Source records:
-- ===== src/Helper/RenewLoop.antt =====
-- `renewLoop` of pkg/helper/helper.go, interleaved with the helper's other goroutines.
--
-- What a renewal does to the state are steps of `Helper.Steps`, here and in a request's handler alike.
pub mod Kept
pub mod Wakes
use claimward_vpn_client.Common.{ℕ, ◌≤◌, ◌≡◌, Option, some, Bool, true, false, pos, max_ℤ}
use claimward_vpn_client.Lease.{Time, add_time, until}
use claimward_vpn_client.Helper.State.{Server, Session, State}
use claimward_vpn_client.Helper.Renew.{modify}
use claimward_vpn_client.Helper.Steps.{Step}

-- Where the loop is: about to read when the renewal is due, asleep since `since` on what it read in
-- the session, renewing, or returned.
pub data Place : Type 0 where
  reading : Place
  sleeping : (since : Time) (seen : Session) → Place
  renewing : Place
  returned : Place

pub record Loop : Type 0 where
  pub state : State
  pub place : Place

-- When a timer runs out that was started at `since`.
abbrev pub timer : Time → Session → Time
timer since seen = add_time since (max_ℤ (until seen.renew_by since) (pos 0))

-- A value is taken from `wake`.
abbrev pub heard : Session → Session
heard sess = record sess { wake = false }

-- Whether the loop goes on is what `renew` says.
abbrev pub again_at : Bool → Place
again_at true = reading
again_at false = returned

-- A turn of the loop of the session at `p`, or of anything else. Of the cases of the `select` that are
-- ready, any is taken.
pub data Turn (srv : Server) (p : ℕ) : Loop → Loop → Type 0 where
  others :
      (s t : State) (at : Place)
      → Step srv s t
      → Turn srv p (record { state = s; place = at }) (record { state = t; place = at })
  reads :
      (now : Time) (s : State) (sess : Session)
      → s.heap p ≡ some sess
      → Turn srv p
          (record { state = s; place = reading })
          (record { state = s; place = sleeping now sess })
  cancels :
      (s : State) (since : Time) (seen sess : Session)
      → s.heap p ≡ some sess
      → sess.cancelled ≡ true
      → Turn srv p
          (record { state = s; place = sleeping since seen })
          (record { state = s; place = returned })
  wakes :
      (s : State) (since : Time) (seen sess : Session)
      → s.heap p ≡ some sess
      → sess.wake ≡ true
      → Turn srv p
          (record { state = s; place = sleeping since seen })
          (record { state = modify s p heard; place = reading })
  fires :
      (now : Time) (s : State) (since : Time) (seen : Session)
      → timer since seen ≤ now
      → Turn srv p
          (record { state = s; place = sleeping since seen })
          (record { state = s; place = renewing })
  renewed :
      (s : State) (again : Bool)
      → Turn srv p
          (record { state = s; place = renewing })
          (record { state = s; place = again_at again })

pub data Turns (srv : Server) (p : ℕ) (l : Loop) : Loop → Type 0 where
  here : Turns srv p l l
  next : {m n : Loop} → Turns srv p l m → Turn srv p m n → Turns srv p l n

EXERCISE BRIEF: All lines from the one containing "(s t : State) (at : Place)" to the last line above should be reproduced exactly, and no other lines should be given.

EXERCISE SOLUTION:
      (s t : State) (at : Place)
      → Step srv s t
      → Turn srv p (record { state = s; place = at }) (record { state = t; place = at })
  reads :
      (now : Time) (s : State) (sess : Session)
      → s.heap p ≡ some sess
      → Turn srv p
          (record { state = s; place = reading })
          (record { state = s; place = sleeping now sess })
  cancels :
      (s : State) (since : Time) (seen sess : Session)
      → s.heap p ≡ some sess
      → sess.cancelled ≡ true
      → Turn srv p
          (record { state = s; place = sleeping since seen })
          (record { state = s; place = returned })
  wakes :
      (s : State) (since : Time) (seen sess : Session)
      → s.heap p ≡ some sess
      → sess.wake ≡ true
      → Turn srv p
          (record { state = s; place = sleeping since seen })
          (record { state = modify s p heard; place = reading })
  fires :
      (now : Time) (s : State) (since : Time) (seen : Session)
      → timer since seen ≤ now
      → Turn srv p
          (record { state = s; place = sleeping since seen })
          (record { state = s; place = renewing })
  renewed :
      (s : State) (again : Bool)
      → Turn srv p
          (record { state = s; place = renewing })
          (record { state = s; place = again_at again })

pub data Turns (srv : Server) (p : ℕ) (l : Loop) : Loop → Type 0 where
  here : Turns srv p l l
  next : {m n : Loop} → Turns srv p l m → Turn srv p m n → Turns srv p l n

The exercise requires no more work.